What are the biggest questions facing humanity? What are the secrets and motivations behind Darwin’s scientific journey? How might a small Australian country town react to a terrible crime event? These questions, and many more, are tackled in the Annual Fellows’ Christmas book and podcast list 2019.
As we have for the past four years, we asked our Fellows to provide their top book suggestions for the year—and this time we’ve included a few podcasts in the list too.
Of the 51 recommendations, there is sure to be something of interest for everyone.
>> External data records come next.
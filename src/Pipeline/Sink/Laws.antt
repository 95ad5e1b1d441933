-- ===== src/Pipeline/Sink/Laws.antt =====
-- What a satellite receives of a session: its audio, one format, and the ends of its answers.
use athena_voice.Base.{
  ℕ, zero, suc, ◌≡◌, refl, ap, Bool, true, false, Option, none, some, List, [], ◌∷◌,
}
use athena_voice.Text.{Text}
use athena_voice.Core.Ids.{UuidLib, SatelliteId}
use athena_voice.Core.Event.{AudioFormat}
use athena_voice.Mqtt.Topics.{session_tts, session_tts_meta}
use athena_voice.Pipeline.Sink.{
  SinkMsg, format, chunk, answer_end, Output, publish, meta, audio, outcome_ok, at_most_once,
  at_least_once, meta_payload, new, publish_done, run_sink, receive, teardown, declare,
}

-- The outputs of a kind.
abbrev pub audio_of : List Output → List Output
audio_of [] = []
audio_of (publish t q (audio b) ∷ os) = publish t q (audio b) ∷ audio_of os
audio_of (_ ∷ os) = audio_of os

abbrev pub metas_of : List Output → List Output
metas_of [] = []
metas_of (publish t q (meta c r n) ∷ os) = publish t q (meta c r n) ∷ metas_of os
metas_of (_ ∷ os) = metas_of os

abbrev pub dones_of : List Output → List Output
dones_of [] = []
dones_of (publish t q outcome_ok ∷ os) = publish t q outcome_ok ∷ dones_of os
dones_of (_ ∷ os) = dones_of os

-- The number of `done` messages that are owed: one for each answer, and one more if the messages do not end
-- with the end of an answer. The Boolean says whether the message before did.
abbrev pub owed : Bool → List SinkMsg → ℕ
owed true [] = 0
owed false [] = 1
owed b (answer_end ∷ ms) = suc (owed true ms)
owed b (_ ∷ ms) = owed false ms

abbrev pub copies : ℕ → Output → List Output
copies zero o = []
copies (suc n) o = o ∷ copies n o

module _ (lib : UuidLib) (topic_root : Text) (sat : SatelliteId) (session : lib.Uuid) where
  -- The audio messages for a list of messages of the stage before.
  abbrev pub audio_for : List SinkMsg → List Output
  audio_for [] = []
  audio_for (chunk bytes ∷ ms) =
      publish (session_tts lib topic_root sat session) at_most_once (audio bytes) ∷ audio_for ms
  audio_for (_ ∷ ms) = audio_for ms

  -- The message for the first format of the list.
  abbrev pub first_meta : List SinkMsg → List Output
  first_meta [] = []
  first_meta (format codec rate ∷ ms) =
      publish (session_tts_meta lib topic_root sat session) at_least_once (meta codec rate 1) ∷ []
  first_meta (_ ∷ ms) = first_meta ms

  abbrev metas_left : Option (AudioFormat × ℕ) → List SinkMsg → List Output
  metas_left none ms = first_meta ms
  metas_left (some prev) ms = []

  audio-run_sink :
      (sent : Option (AudioFormat × ℕ)) (b : Bool) (ms : List SinkMsg)
      → audio_of (run_sink lib topic_root sat session (record { sent = sent; answer_done = b }) ms)
        ≡ audio_for ms
  unfolding run_sink receive teardown declare publish_done meta_payload
  audio-run_sink sent true [] = refl
  audio-run_sink sent false [] = refl
  audio-run_sink none b (format codec rate ∷ ms) = audio-run_sink (some (codec, rate)) false ms
  audio-run_sink (some p) b (format codec rate ∷ ms) = audio-run_sink (some p) false ms
  audio-run_sink sent b (chunk bytes ∷ ms) =
      ap (λ os. publish (session_tts lib topic_root sat session) at_most_once (audio bytes) ∷ os)
        (audio-run_sink sent false ms)
  audio-run_sink sent b (answer_end ∷ ms) = audio-run_sink sent true ms

  metas-run_sink :
      (sent : Option (AudioFormat × ℕ)) (b : Bool) (ms : List SinkMsg)
      → metas_of (run_sink lib topic_root sat session (record { sent = sent; answer_done = b }) ms)
        ≡ metas_left sent ms
  unfolding run_sink receive teardown declare publish_done meta_payload
  metas-run_sink none true [] = refl
  metas-run_sink none false [] = refl
  metas-run_sink (some p) true [] = refl
  metas-run_sink (some p) false [] = refl
  metas-run_sink none b (format codec rate ∷ ms) =
      ap
        (λ os.
          publish (session_tts_meta lib topic_root sat session) at_least_once (meta codec rate 1)
          ∷ os)
        (metas-run_sink (some (codec, rate)) false ms)
  metas-run_sink (some p) b (format codec rate ∷ ms) = metas-run_sink (some p) false ms
  metas-run_sink none b (chunk bytes ∷ ms) = metas-run_sink none false ms
  metas-run_sink (some p) b (chunk bytes ∷ ms) = metas-run_sink (some p) false ms
  metas-run_sink none b (answer_end ∷ ms) = metas-run_sink none true ms
  metas-run_sink (some p) b (answer_end ∷ ms) = metas-run_sink (some p) true ms

  dones-run_sink :
      (sent : Option (AudioFormat × ℕ)) (b : Bool) (ms : List SinkMsg)
      → dones_of (run_sink lib topic_root sat session (record { sent = sent; answer_done = b }) ms)
        ≡ copies (owed b ms) (publish_done lib topic_root sat session)
  unfolding run_sink receive teardown declare publish_done meta_payload
  dones-run_sink sent true [] = refl
  dones-run_sink sent false [] = refl
  dones-run_sink none b (format codec rate ∷ ms) = dones-run_sink (some (codec, rate)) false ms
  dones-run_sink (some p) b (format codec rate ∷ ms) = dones-run_sink (some p) false ms
  dones-run_sink sent b (chunk bytes ∷ ms) = dones-run_sink sent false ms
  dones-run_sink sent b (answer_end ∷ ms) =
      ap (λ os. publish_done lib topic_root sat session ∷ os) (dones-run_sink sent true ms)

  -- The satellite gets what it needs: over any messages, the sink publishes their audio, all and in order,
  -- one format, the first one that is declared, if any, and the `done` messages it owes, one for each answer
  -- and one more exactly if the session ends in the middle of an answer or without any.
  pub run_sink_delivers :
      (ms : List SinkMsg)
      → let out = run_sink lib topic_root sat session new ms in
        (audio_of out ≡ audio_for ms)
        × (metas_of out ≡ first_meta ms)
        × (dones_of out ≡ copies (owed false ms) (publish_done lib topic_root sat session))
  unfolding new
  run_sink_delivers ms =
      (audio-run_sink none false ms, metas-run_sink none false ms, dones-run_sink none false ms)
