-- ===== src/Pipeline/Tts.antt =====
-- The speech-synthesis stage of crates/athena-voice-runtime/src/pipeline/tts.rs.
-- A session id is the 128-bit number of the UUID. What the stage reads is a list of inputs in the order in
-- which the `select!` takes them: messages, bus events, the elapsed flush timer, each with the clock reading
-- at that time and with what a call of `synthesize` gives then. The synthesis is a parameter: an error, or a
-- format, a sample rate, and the steps of playing, in which bus events come between the chunks.
-- Cancellation is the end of the inputs.
pub mod Laws
pub mod Playing
use athena_voice.Base.{
  ℕ, ◌+◌, Bool, true, false, Option, none, some, List, [], ◌∷◌, ◌++◌, leb, ltb, ◌==◌, if◌then◌else◌,
  length, Result, ok, err,
}
use athena_voice.Text.{Text}
use athena_voice.Core.Event.{AudioFormat}
use athena_voice.Pipeline.Sentence.{
  SentenceBuffer, push, take, clear, idle_flush, new as new_buffer,
}
use athena_voice.Pipeline.Llm.{TtsMsg, token, answer_end as end_of_answer}
use athena_voice.Pipeline.Sink.{SinkMsg, format, chunk, answer_end}
use athena_voice.Pipeline.Channel.{Channel, send}

-- What `barge_rx.recv()` gives: a `BargeIn` of a session, another event, or an error such as a lag.
pub data BusEvent : Type 0 where
  barge_in : ℕ → BusEvent
  other : BusEvent
  recv_error : BusEvent

unfoldable pub is_barge_in_for : BusEvent → ℕ → Bool
is_barge_in_for (barge_in s) session = s == session
is_barge_in_for other session = false
is_barge_in_for recv_error session = false

-- One turn of the loop of `flush`.
pub data PlayStep : Type 0 where
  bus : BusEvent → PlayStep
  audio : List ℕ → PlayStep
  stream_error : PlayStep

pub record Audio : Type 0 where
  pub codec : AudioFormat
  pub sample_rate : ℕ
  pub steps : List PlayStep

-- The events that the stage puts on the bus: `TtsText`, and `TtsChunk` with its number and its length.
pub data Announced : Type 0 where
  tts_text : Text → Announced
  tts_chunk : ℕ → ℕ → Announced

-- What `flush` changes.
pub record Stage : Type 0 where
  pub seq : ℕ
  pub out : Channel SinkMsg
  pub events : List Announced

-- `u32::saturating_add(1)`
abbrev pub next_seq : ℕ → ℕ
next_seq seq = if ltb seq 4294967295 then seq + 1 else 4294967295

pub record Tts : Type 0 where
  pub buf : SentenceBuffer
  pub flush_deadline : Option ℕ
  pub stage : Stage

unfoldable pub new : Channel SinkMsg → Tts
new out = record {
  buf = new_buffer;
  flush_deadline = none;
  stage = record { seq = 0; out = out; events = [] };
}

sent_chunk : Stage → List ℕ → Channel SinkMsg → Stage
sent_chunk st bytes out = record {
  seq = next_seq st.seq;
  out = out;
  events = st.events ++ tts_chunk st.seq (length bytes) ∷ [];
}

pub data TtsInput : Type 0 where
  bus_event : BusEvent → TtsInput
  timer : TtsInput
  message : TtsMsg → TtsInput
  closed : TtsInput

module _ (session : ℕ) where
  -- The loop of `flush`.
  pub play : List PlayStep → Stage → Stage
  unfolding is_barge_in_for sent_chunk
  play [] st = st
  play (bus e ∷ steps) st =
      let rest = play steps st in if is_barge_in_for e session then st else rest
  play (audio bytes ∷ steps) st =
      let (out, fine) = send (chunk bytes) st.out in
      let rest = play steps (sent_chunk st bytes out) in
      if fine then rest else record st { out = out }
  play (stream_error ∷ steps) st = st

  on_bus : Tts → BusEvent → Tts
  on_bus t e =
      if is_barge_in_for e session then record t { buf = clear t.buf; flush_deadline = none } else t

  module _ {E : Type 0} where
    speak : Result Audio E → Stage → Stage
    unfolding play
    speak (err e) st = st
    speak (ok a) st =
        let (out, fine) = send (format a.codec a.sample_rate) st.out in
        if fine then play a.steps (record st { out = out }) else record st { out = out }

    flush : Text → Result Audio E → Stage → Stage
    unfolding speak
    flush sentence synthesis st =
        speak synthesis (record st { events = st.events ++ tts_text sentence ∷ [] })

    -- `if let Some(sentence) = … { seq = flush(…) }`
    flush_some : Option Text → Result Audio E → Stage → Stage
    unfolding flush
    flush_some none synthesis st = st
    flush_some (some sentence) synthesis st = flush sentence synthesis st

    -- What `take` gives is flushed.
    drain : Tts → Result Audio E → Tts
    unfolding flush_some
    drain t synthesis =
        let (buf, out) = take t.buf in
        record { buf = buf; flush_deadline = none; stage = flush_some out synthesis t.stage }

    -- The timer branch, which is off while there is no deadline.
    on_timer : Tts → ℕ → Result Audio E → Tts
    unfolding drain
    on_timer t now synthesis = elim (t.flush_deadline) [
      | none ↦ t
      | some d ↦ if leb d now then drain t synthesis else t
    ]

    -- The `match` on what `push` gives.
    on_pushed : Tts → SentenceBuffer → Option Text → ℕ → Result Audio E → Tts
    unfolding flush
    on_pushed t buf (some sentence) now synthesis = record {
      buf = buf;
      flush_deadline = none;
      stage = flush sentence synthesis t.stage;
    }
    on_pushed t buf none now synthesis = record t {
      buf = buf;
      flush_deadline = some (now + idle_flush);
    }

    on_token : Tts → Text → ℕ → Result Audio E → Tts
    unfolding on_pushed
    on_token t tok now synthesis =
        let (buf, out) = push t.buf tok in on_pushed t buf out now synthesis

    on_answer_end : Tts → Result Audio E → Tts × Bool
    unfolding drain
    on_answer_end t synthesis =
        let t' = drain t synthesis in
        let (out, fine) = send answer_end t'.stage.out in
        (record t' { stage = record (t'.stage) { out = out } }, fine)

    -- One turn of the loop of `spawn_tts`, and whether the loop goes on.
    pub step : Tts → TtsInput → ℕ → Result Audio E → Tts × Bool
    unfolding on_bus on_timer on_token on_answer_end drain
    step t (bus_event e) now synthesis = (on_bus t e, true)
    step t timer now synthesis = (on_timer t now synthesis, true)
    step t (message (token tok)) now synthesis = (on_token t tok now synthesis, true)
    step t (message end_of_answer) now synthesis = on_answer_end t synthesis
    step t closed now synthesis = (drain t synthesis, false)

    pub run_tts : Tts → List (TtsInput × ℕ × Result Audio E) → Tts
    unfolding step
    run_tts t [] = t
    run_tts t ((i, now, synthesis) ∷ is) =
        let (t', go_on) = step t i now synthesis in
        let rest = run_tts t' is in if go_on then rest else t'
Many of the books are of a scientific bent, but they range from new release fiction and classic pieces of literature to biographies and other non-fiction.
Some are inspirational, some are eye-opening, thought-provoking or nostalgic, and others are purely great entertainment.
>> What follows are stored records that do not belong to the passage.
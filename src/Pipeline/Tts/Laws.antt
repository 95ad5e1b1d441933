-- ===== src/Pipeline/Tts/Laws.antt =====
-- What is said of an answer.
use athena_voice.Base.{
  ℕ, ◌≡◌, refl, ap, sym, ◌∙◌, false, Option, none, some, List, [], ◌∷◌, ◌++◌, append-nil,
  append_assoc, if◌then◌else◌, Result, ok, err, inl, inr, Bool-cases, length, leb,
}
use athena_voice.Text.{Text, concat}
use athena_voice.Text.Solid.{solid, solid-nil, solid-append}
use athena_voice.Pipeline.Sentence.{SentenceBuffer, push, take, new as new_buffer}
use athena_voice.Pipeline.Sentence.Laws.{said, solid-push, solid-take_rest, take_empties}
use athena_voice.Pipeline.Llm.{token, answer_end as end_of_answer}
use athena_voice.Pipeline.Sink.{SinkMsg, chunk, format}
use athena_voice.Pipeline.Channel.{Channel, send}
use athena_voice.Pipeline.Tts.{
  BusEvent, is_barge_in_for, PlayStep, bus, audio, stream_error, Audio, Announced, tts_text,
  tts_chunk, Stage, Tts, new, sent_chunk, TtsInput, bus_event, timer, message, closed, play, speak,
  flush, flush_some, drain, on_bus, on_timer, on_pushed, on_token, on_answer_end, step, run_tts,
}

-- The texts that are announced, in order.
abbrev pub texts_of : List Announced → List Text
texts_of [] = []
texts_of (tts_text t ∷ es) = t ∷ texts_of es
texts_of (tts_chunk k n ∷ es) = texts_of es

texts_of-append : (es es' : List Announced) → texts_of (es ++ es') ≡ texts_of es ++ texts_of es'
texts_of-append [] es' = refl
texts_of-append (tts_text t ∷ es) es' = ap (λ ts. t ∷ ts) (texts_of-append es es')
texts_of-append (tts_chunk k n ∷ es) es' = texts_of-append es es'

concat-append : (ts us : List Text) → concat (ts ++ us) ≡ concat ts ++ concat us
concat-append [] us = refl
concat-append (t ∷ ts) us =
    ap (λ x. t ++ x) (concat-append ts us) ∙ sym (append_assoc t (concat ts) (concat us))

module _ (session : ℕ) where
  play-texts :
      (steps : List PlayStep) (st : Stage)
      → texts_of (play session steps st).events ≡ texts_of st.events
  unfolding play sent_chunk
  play-texts [] st = refl
  play-texts (stream_error ∷ steps) st = refl
  play-texts (bus e ∷ steps) st = elim (Bool-cases (is_barge_in_for e session)) [
    | inl hit ↦ rw hit refl
    | inr miss ↦ rw miss (play-texts steps st)
  ]
  play-texts (audio bytes ∷ steps) st =
      let (out, fine) = send (chunk bytes) st.out in
      elim (Bool-cases fine) [
        | inl hit ↦ rw hit (
            play-texts steps (sent_chunk st bytes out)
            ∙ texts_of-append st.events (tts_chunk st.seq (length bytes) ∷ [])
            ∙ append-nil (texts_of st.events))
        | inr miss ↦ rw miss refl
      ]

  module _ {E : Type 0} where
    speak-texts :
        (synthesis : Result Audio E) (st : Stage)
        → texts_of (speak session synthesis st).events ≡ texts_of st.events
    unfolding speak
    speak-texts (err e) st = refl
    speak-texts (ok a) st =
        let (out, fine) = send (format a.codec a.sample_rate) st.out in
        elim (Bool-cases fine) [
          | inl hit ↦ rw hit (play-texts a.steps (record st { out = out }))
          | inr miss ↦ rw miss refl
        ]

    flush-texts :
        (sentence : Text) (synthesis : Result Audio E) (st : Stage)
        → texts_of (flush session sentence synthesis st).events
          ≡ texts_of st.events ++ sentence ∷ []
    unfolding flush
    flush-texts sentence synthesis st =
        speak-texts synthesis (record st { events = st.events ++ tts_text sentence ∷ [] })
        ∙ texts_of-append st.events (tts_text sentence ∷ [])

-- What a stage has said, or holds back to say, up to white space.
abbrev pub said_by : Tts → Text
said_by t = solid (concat (texts_of t.stage.events)) ++ solid t.buf.buf

-- The tokens among the inputs of an answer.
abbrev pub tokens_among : {E : Type 0} → List (TtsInput × ℕ × Result Audio E) → List Text
tokens_among [] = []
tokens_among ((message (token tok), now, synthesis) ∷ is) = tok ∷ tokens_among is
tokens_among (_ ∷ is) = tokens_among is

-- Inputs that neither end the answer nor interrupt it.
abbrev pub Quiet : ℕ → TtsInput → Type 0
Quiet session (bus_event e) = is_barge_in_for e session ≡ false
Quiet session timer = Unit
Quiet session (message (token tok)) = Unit
Quiet session (message end_of_answer) = ⊥
Quiet session closed = ⊥

new_said : (out : Channel SinkMsg) (text : Text) → said_by (new out) ++ text ≡ text
unfolding new new_buffer
new_said out text = rw solid-nil refl

-- A stage that has said all it held back, and a text more.
abbrev Finishes : Tts → Text → Tts → Type 0
Finishes t text t' = (said_by t' ≡ said_by t ++ text) × (t'.buf.buf ≡ [])

Finishes-after :
    (t t₁ t' : Tts) (text text' : Text)
    → said_by t₁ ≡ said_by t ++ text
    → Finishes t₁ text' t'
    → Finishes t (text ++ text') t'
Finishes-after t t₁ t' text text' h (f, empty) =
    (f ∙ ap (λ x. x ++ text') h ∙ append_assoc (said_by t) text text', empty)

on_bus-quiet :
    (session : ℕ) (t : Tts) (e : BusEvent)
    → is_barge_in_for e session ≡ false
    → on_bus session t e ≡ t
unfolding on_bus
on_bus-quiet session t e h = rw h refl

module _ (session : ℕ) {E : Type 0} where
  flush-said :
      (sentence rest : Text) (synthesis : Result Audio E) (st : Stage)
      → solid (concat (texts_of (flush session sentence synthesis st).events)) ++ rest
        ≡ solid (concat (texts_of st.events)) ++ (solid sentence ++ rest)
  flush-said sentence rest synthesis st =
      let before = texts_of st.events in
      rw
        (
          flush-texts session sentence synthesis st,
          concat-append before (sentence ∷ []),
          solid-append (concat before) (sentence ++ []),
          append-nil sentence,
        )
        (append_assoc (solid (concat before)) (solid sentence) rest)

  flush_some-said :
      (o : Option Text) (rest : Text) (synthesis : Result Audio E) (st : Stage)
      → solid (concat (texts_of (flush_some session o synthesis st).events)) ++ rest
        ≡ solid (concat (texts_of st.events)) ++ (solid (said o) ++ rest)
  unfolding flush_some
  flush_some-said none rest synthesis st = rw solid-nil refl
  flush_some-said (some sentence) rest synthesis st = flush-said sentence rest synthesis st

  drain-said :
      (t : Tts) (synthesis : Result Audio E) → said_by (drain session t synthesis) ≡ said_by t
  unfolding drain
  drain-said t synthesis =
      let (buf, out) = take t.buf in
      flush_some-said out (solid buf.buf) synthesis t.stage
      ∙ ap (λ x. solid (concat (texts_of t.stage.events)) ++ x) (solid-take_rest t.buf)

  on_pushed-said :
      (t : Tts) (buf : SentenceBuffer) (o : Option Text) (now : ℕ) (synthesis : Result Audio E)
      → said_by (on_pushed session t buf o now synthesis)
        ≡ solid (concat (texts_of t.stage.events)) ++ (solid (said o) ++ solid buf.buf)
  unfolding on_pushed
  on_pushed-said t buf none now synthesis = rw solid-nil refl
  on_pushed-said t buf (some sentence) now synthesis =
      flush-said sentence (solid buf.buf) synthesis t.stage

  on_token-said :
      (t : Tts) (tok : Text) (now : ℕ) (synthesis : Result Audio E)
      → said_by (on_token session t tok now synthesis) ≡ said_by t ++ solid tok
  unfolding on_token
  on_token-said t tok now synthesis =
      let (buf, out) = push t.buf tok in
      let before = solid (concat (texts_of t.stage.events)) in
      on_pushed-said t buf out now synthesis
      ∙ ap (λ x. before ++ x) (solid-push t.buf tok)
      ∙ sym (append_assoc before (solid t.buf.buf) (solid tok))

  on_timer-said :
      (t : Tts) (now : ℕ) (synthesis : Result Audio E)
      → said_by (on_timer session t now synthesis) ≡ said_by t
  unfolding on_timer
  on_timer-said t now synthesis = timed (t.flush_deadline)
    where
      timed :
          (deadline : Option ℕ)
          → said_by (elim deadline [
            | none ↦ t
            | some d ↦ if leb d now then drain session t synthesis else t
          ])
            ≡ said_by t
      timed none = refl
      timed (some d) = elim (Bool-cases (leb d now)) [
        | inl due ↦ rw due (drain-said t synthesis)
        | inr early ↦ rw early refl
      ]

  abbrev pub AllQuiet : List (TtsInput × ℕ × Result Audio E) → Type 0
  AllQuiet [] = Unit
  AllQuiet ((i, now, synthesis) ∷ is) = Quiet session i × AllQuiet is

  on_answer_end-Finishes :
      (t : Tts) (synthesis : Result Audio E) → Finishes t [] (on_answer_end session t synthesis).0
  unfolding on_answer_end drain
  on_answer_end-Finishes t synthesis =
      (drain-said t synthesis ∙ sym (append-nil (said_by t)), take_empties t.buf)

  end-Finishes :
      (t : Tts) (now : ℕ) (synthesis : Result Audio E)
      → Finishes t [] (run_tts session t ((message end_of_answer, now, synthesis) ∷ []))
  unfolding run_tts step
  end-Finishes t now synthesis = elim (Bool-cases (on_answer_end session t synthesis).1) [
    | inl fine ↦ rw fine (on_answer_end-Finishes t synthesis)
    | inr gone ↦ rw gone (on_answer_end-Finishes t synthesis)
  ]

  run-Finishes :
      (t : Tts) (is : List (TtsInput × ℕ × Result Audio E)) (now : ℕ) (synthesis : Result Audio E)
      → AllQuiet is
      → Finishes t
          (solid (concat (tokens_among is)))
          (run_tts session t (is ++ (message end_of_answer, now, synthesis) ∷ []))
  unfolding run_tts step
  run-Finishes t [] now synthesis q = rw solid-nil (end-Finishes t now synthesis)
  run-Finishes t ((message (token tok), n, s) ∷ is) now synthesis q =
      rw (solid-append tok (concat (tokens_among is))) (
        Finishes-after t (on_token session t tok n s)
          (run_tts session (on_token session t tok n s)
            (is ++ (message end_of_answer, now, synthesis) ∷ []))
          (solid tok) (solid (concat (tokens_among is))) (on_token-said t tok n s)
          (run-Finishes (on_token session t tok n s) is now synthesis q.1))
  run-Finishes t ((timer, n, s) ∷ is) now synthesis q =
      Finishes-after t (on_timer session t n s)
        (run_tts session (on_timer session t n s)
          (is ++ (message end_of_answer, now, synthesis) ∷ []))
        [] (solid (concat (tokens_among is))) (on_timer-said t n s ∙ sym (append-nil (said_by t)))
        (run-Finishes (on_timer session t n s) is now synthesis q.1)
  run-Finishes t ((bus_event e, n, s) ∷ is) now synthesis q =
      rw (on_bus-quiet session t e q.0) (run-Finishes t is now synthesis q.1)
  run-Finishes t ((message end_of_answer, n, s) ∷ is) now synthesis q = absurd q.0
  run-Finishes t ((closed, n, s) ∷ is) now synthesis q = absurd q.0

  -- An answer is announced whole: from a new stage, however its tokens mix with elapsed timers and with bus
  -- events that are no barge-in of this session, and however each synthesis goes, at the end of the answer
  -- the announced texts have exactly the characters of its tokens, up to white space, and nothing waits.
  pub answer_announced :
      (out : Channel SinkMsg) (is : List (TtsInput × ℕ × Result Audio E)) (now : ℕ)
      (synthesis : Result Audio E)
      → AllQuiet is
      → let t = run_tts session (new out) (is ++ (message end_of_answer, now, synthesis) ∷ []) in
        (solid (concat (texts_of t.stage.events)) ≡ solid (concat (tokens_among is)))
        × (t.buf.buf ≡ [])
  answer_announced out is now synthesis q =
      let (said, empty) = run-Finishes (new out) is now synthesis q in
      let t' = run_tts session (new out) (is ++ (message end_of_answer, now, synthesis) ∷ []) in
      (
        sym (append-nil (solid (concat (texts_of t'.stage.events))))
            ∙ ap (λ x. solid (concat (texts_of t'.stage.events)) ++ x)
                (sym solid-nil ∙ ap solid (sym empty))
            ∙ said
            ∙ new_said out (solid (concat (tokens_among is))),
        empty,
      )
To inject more wit, wisdom and wonder into your summer holidays, following is a sample of the 2019 list contributed by some of Australia’s most outstanding minds.
Recommended by Professor The Honourable Barry Jones AC FAA FTSE
MacCulloch is Professor of Church History at Oxford, author of The History of Christianity and an accomplished television presenter. Hillary Mantel who knows a thing or two about Thomas Cromwell writes ‘this is the biography we have been waiting for for 400 years’. MacCulloch’s scholarship, analytical and narrative gifts are outstanding and—despite the grim outcome for Cromwell and so many major characters—often amusing, even hilarious. I read it twice, first very fast, then slowly to savour every line. Don’t miss it.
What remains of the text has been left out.